> **Assignment**: Among the entries, find each line that includes the string "loop" and list it.

Extracted data entries
☆ ☆ ☆ ☆
-- ===== src/Link/Dispatch.antt =====
-- The reader task: `eSL_AddListener` and `serialReadTask`. The RTOS enters by its answers: whether
-- `pvPortMalloc` finds memory for a listener, and whether `xQueueSend` has room for a callback.
pub mod Listeners
pub mod Receive
use dm_matter_zigbee_bridge.Prelude.{
  ℕ, Bool, true, false, ◌||◌, Option, none, some, List, [], ◌∷◌, replicate, ◌==◌, if◌then◌else◌,
  Run, done, ◌>>=◌,
}
use dm_matter_zigbee_bridge.Link.{
  max_message_length, SlStatus, ok, no_message, error_nomem, msg_log, msg_node_cluster_list,
  msg_node_attribute_list, msg_node_command_id_list, Message,
}
use dm_matter_zigbee_bridge.Link.Reader.{Rx, read_message}
use dm_matter_zigbee_bridge.Link.Waiters.{Slot, message_queue}

-- tsSL_CallbackEntry; a callback function is any value.
pub record Listener {ℓ} (C : Type ℓ) : Type ℓ where
  pub type : ℕ
  pub callback : C
  pub user : ℕ

-- tsCallbackTaskData.
pub record CallbackData {ℓ} (C : Type ℓ) : Type ℓ where
  pub message : Message
  pub callback : C
  pub user : ℕ

module _ {ℓ} {C : Type ℓ} where
  -- The walk to the entry with no next one.
  unfoldable pub insert_end : Listener C → List (Listener C) → List (Listener C)
  insert_end e [] = e ∷ []
  insert_end e (x ∷ list) = x ∷ insert_end e list

  -- The flag says that there is memory for the entry.
  unfoldable pub add_listener : Bool → ℕ → C → ℕ → List (Listener C) → SlStatus × List (Listener C)
  unfolding insert_end
  add_listener true type callback user list =
      (ok, insert_end (record { type = type; callback = callback; user = user }) list)
  add_listener false type callback user list = (error_nomem, list)

  -- The loop over the registered callbacks, up to its `break`.
  unfoldable pub find_listener : ℕ → List (Listener C) → Option (Listener C)
  find_listener type [] = none
  find_listener type (e ∷ list) = if e.type == type then some e else find_listener type list

  abbrev pub callback_data : Message → Option (Listener C) → Option (CallbackData C)
  callback_data m none = none
  callback_data m (some e) = some (record { message = m; callback = e.callback; user = e.user })

abbrev pub is_node_list : ℕ → Bool
is_node_list type =
    type == msg_node_cluster_list
    || type == msg_node_attribute_list
    || type == msg_node_command_id_list

-- What is offered to the callback queue for a message.
unfoldable pub offered {ℓ} : {C : Type ℓ} → Message → List (Listener C) → Option (CallbackData C)
offered m list = if is_node_list m.type then none else callback_data m (find_listener m.type list)

-- The state of the reader task: the receiver, the flag `iHandled`, the waiters' slots, and what has
-- been put into the callback queue, the newest first.
pub record Reader {ℓ} (C : Type ℓ) : Type ℓ where
  pub rx : Rx
  pub handled : Bool
  pub slots : List Slot
  pub queued : List (CallbackData C)

abbrev pub is_ok : SlStatus → Bool
is_ok ok = true
is_ok _ = false

-- `memset`, and the length that no end character passes.
abbrev pub fresh : Rx → Rx
fresh rx = record rx { type = 0; len = 0xFFFF; message = replicate max_message_length 0 }

abbrev pub received : Rx → Message
received rx = record { type = rx.type; len = rx.len; bytes = rx.message }

module _ {ℓ} {C : Type ℓ} where
  -- `xQueueSend`; `room` is its answer.
  abbrev pub enqueue : Bool → Option (CallbackData C) → Reader C → Reader C
  enqueue room none t = t
  enqueue true (some c) t = record t { handled = true; queued = c ∷ t.queued }
  enqueue false (some c) t = t

  -- The body of the loop on a message received.
  pub handle_message : Bool → List (Listener C) → Message → Reader C → Run (Reader C)
  unfolding offered
  handle_message room list m t =
      let logged : Run (Reader C) = done (record t { handled = true }) in
      let queued : Run (Reader C) = message_queue m t.slots >>= λ r.
      done (record t { handled = if is_ok r.0 then true else t.handled; slots = r.1 }) in
      (if m.type == msg_log then logged else queued) >>= λ t'.
      done (enqueue room (offered m list) t')

  -- One round of the loop, with the bytes left to read.
  unfoldable pub read_task : Bool → List (Listener C) → Reader C → List ℕ → Run (Reader C × List ℕ)
  read_task room list t bytes = do
    r ← read_message max_message_length (fresh t.rx) bytes
    let t' = record t { rx = r.1 }
    let got = handle_message room list (received r.1) t' >>= λ u. done (u, r.2)
    if is_ok r.0 then got else done (t', r.2)
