-- ===== src/Link/Dispatch/Listeners.antt =====
-- Which callback a message type finds.
use dm_matter_zigbee_bridge.Prelude.{
  ℕ, Bool, true, false, Option, none, some, List, [], ◌∷◌, ◌≡◌, refl, arith, ◌==◌, if◌then◌else◌,
}
use dm_matter_zigbee_bridge.Link.Dispatch.{Listener, add_listener, find_listener}

-- What a search finds when the entries before the new one are searched first.
abbrev pub or_else {ℓ} : {A : Type ℓ} → Option A → Option A → Option A
or_else (some a) o = some a
or_else none o = o

or_else-none {ℓ} : {A : Type ℓ} (o : Option A) → o ≡ or_else o none
or_else-none none = refl
or_else-none (some a) = refl

-- Registering a callback by eSL_AddListener leaves every earlier registration in force: the first
-- callback registered for a type is the one found, and the new one is found for its type only if
-- there was none. Without memory nothing changes.
pub find_listener-add_listener {ℓ} :
    {C : Type ℓ} (memory : Bool) (type t : ℕ) (callback : C) (user : ℕ) (list : List (Listener C))
    → find_listener t (add_listener memory type callback user list).1
      ≡ or_else (find_listener t list) (
          if memory
          then if type == t
            then some (record { type = type; callback = callback; user = user })
            else none
          else none)
unfolding add_listener find_listener
find_listener-add_listener false type t callback user list = or_else-none (find_listener t list)
find_listener-add_listener true type t callback user [] = refl
find_listener-add_listener true type t callback user (e ∷ list) =
    ground (arith, find_listener-add_listener true type t callback user list)
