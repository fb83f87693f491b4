-- ===== src/Prelude/Bits.antt =====
-- Facts about the bit operations of C on the native numbers: the law of exclusive or for the
-- lowest digit, and what follows from it for bytes.
use Prim.Native.Nat.{
  ℕ, zero, suc, ◌+◌, ◌*◌, ◌/◌, ◌%◌, ◌^◌, ◌≤◌, ◌<◌, bit_xor, digits, differ, bit_xor-bitwise,
}
use mathlib.Core.Path.{◌≡◌, refl, sym, ◌∙◌}
use mathlib.Core.Logic.{◌⊎◌, inl, inr}
use native.Mathlib.Nat.{pow-suc}
use native.Mathlib.Omega.{arith}

abbrev xor_digits : ℕ → ℕ → ℕ → ℕ
xor_digits count a b = digits (λ y. y) differ count a b

xor_digits-zero : (count b : ℕ) → xor_digits count 0 b ≡ b
xor_digits-zero zero b = refl
xor_digits-zero (suc count) b = refl

-- Any count of digits that is no less than the number gives the same.
enough_digits : (c d a b : ℕ) → a ≤ c → a ≤ d → xor_digits c a b ≡ xor_digits d a b
enough_digits c d zero b p q = xor_digits-zero c b ∙ sym (xor_digits-zero d b)
enough_digits zero d (suc a) b p q = absurd (omega arith)
enough_digits (suc c) zero (suc a) b p q = absurd (omega arith)
enough_digits (suc c) (suc d) (suc a) b p q =
    rw (enough_digits c d (suc a / 2) (b / 2) (omega arith) (omega arith))

zero-bit_xor : (b : ℕ) → bit_xor 0 b ≡ b
zero-bit_xor b = bit_xor-bitwise 0 b

bit_of_mod : (a : ℕ) → (a % 2 ≡ 0) ⊎ (a % 2 ≡ 1)
bit_of_mod a = ground arith

differ-mod : (a b : ℕ) → differ (a % 2) (b % 2) ≡ (a + b) % 2
differ-mod a b = elim (bit_of_mod a) [
  | inl p ↦ rw p (omega arith)
  | inr p ↦ elim (bit_of_mod b) [
    | inl q ↦ rw (p, q) (omega arith)
    | inr q ↦ rw (p, q) (omega arith)
  ]
]

pub bit_xor_step : (a b : ℕ) → bit_xor a b ≡ bit_xor (a / 2) (b / 2) * 2 + (a + b) % 2
bit_xor_step zero b = simp zero-bit_xor (omega arith)
bit_xor_step (suc a) b =
    let half = suc a / 2 in
    let same = enough_digits a half half (b / 2) (omega arith) (omega arith) in
    omega
      (arith, same, differ-mod (suc a) b, bit_xor-bitwise half (b / 2), bit_xor-bitwise (suc a) b)

-- A digit more of room is a digit more of result.
bit_xor-lt : (k a b : ℕ) → a < 2 ^ k → b < 2 ^ k → bit_xor a b < 2 ^ k
bit_xor-lt zero zero b p q = omega (arith, zero-bit_xor b)
bit_xor-lt zero (suc a) b p q = absurd (omega arith)
bit_xor-lt (suc k) a b p q =
    let e = pow-suc 2 k in
    omega (arith, bit_xor_step a b, bit_xor-lt k (a / 2) (b / 2) (omega arith) (omega arith))

-- The exclusive or of two bytes is a byte.
pub bit_xor-byte : (a b : ℕ) → a < 256 → b < 256 → bit_xor a b < 256
bit_xor-byte a b = bit_xor-lt 8 a b

xor_cancel_right : (n a b c : ℕ) → a ≤ n → b ≤ n → bit_xor a c ≡ bit_xor b c → a ≡ b
xor_cancel_right zero a b c p q h = omega arith
xor_cancel_right (suc n) a b c p q h =
    let s = bit_xor_step a c in
    let t = bit_xor_step b c in
    let ih = xor_cancel_right n (a / 2) (b / 2) (c / 2) (omega arith) (omega arith) (omega arith) in
    omega arith

-- No two values give the same exclusive or with a third one.
pub bit_xor-injective : (a b c : ℕ) → bit_xor a c ≡ bit_xor b c → a ≡ b
bit_xor-injective a b c = xor_cancel_right (a + b) a b c (omega arith) (omega arith)

xor_comm_fuel : (n a b : ℕ) → a ≤ n → b ≤ n → bit_xor a b ≡ bit_xor b a
xor_comm_fuel zero zero zero p q = refl
xor_comm_fuel zero zero (suc b) p q = absurd (omega arith)
xor_comm_fuel zero (suc a) b p q = absurd (omega arith)
xor_comm_fuel (suc n) a b p q = omega (
  arith,
  bit_xor_step a b,
  bit_xor_step b a,
  xor_comm_fuel n (a / 2) (b / 2) (omega arith) (omega arith),
)

pub bit_xor_comm : (a b : ℕ) → bit_xor a b ≡ bit_xor b a
bit_xor_comm a b = xor_comm_fuel (a + b) a b (omega arith) (omega arith)

bit_xor_sixteen_there : (b : ℕ) → b < 16 → bit_xor b 16 ≡ b + 16
bit_xor_sixteen_there b h =
    let top : b / 2 / 2 / 2 / 2 ≡ 0 = omega arith in
    let high : bit_xor (b / 2 / 2 / 2 / 2) 1 ≡ 1 = rw top (zero-bit_xor 1) in
    omega (
      arith,
      high,
      bit_xor_step b 16,
      bit_xor_step (b / 2) 8,
      bit_xor_step (b / 2 / 2) 4,
      bit_xor_step (b / 2 / 2 / 2) 2,
    )

-- Flipping bit 4 of a byte below 16 adds 16, and flipping it again takes that away.
pub bit_xor_sixteen : (b : ℕ) → b < 16 → (bit_xor b 16 ≡ b + 16) × (bit_xor (b + 16) 16 ≡ b)
bit_xor_sixteen b h =
    let x = b + 16 in
    let top : x / 2 / 2 / 2 / 2 ≡ 1 = omega arith in
    let high : bit_xor (x / 2 / 2 / 2 / 2) 1 ≡ 0 = rw top refl in
    (
      bit_xor_sixteen_there b h,
      omega (
        arith,
        high,
        bit_xor_step x 16,
        bit_xor_step (x / 2) 8,
        bit_xor_step (x / 2 / 2) 4,
        bit_xor_step (x / 2 / 2 / 2) 2,
      ),
    )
☆ ☆ ☆ ☆
> **Finished task**:
  -- The loop over the registered callbacks, up to its `break`.
  -- The body of the loop on a message received.
  -- One round of the loop, with the bytes left to read.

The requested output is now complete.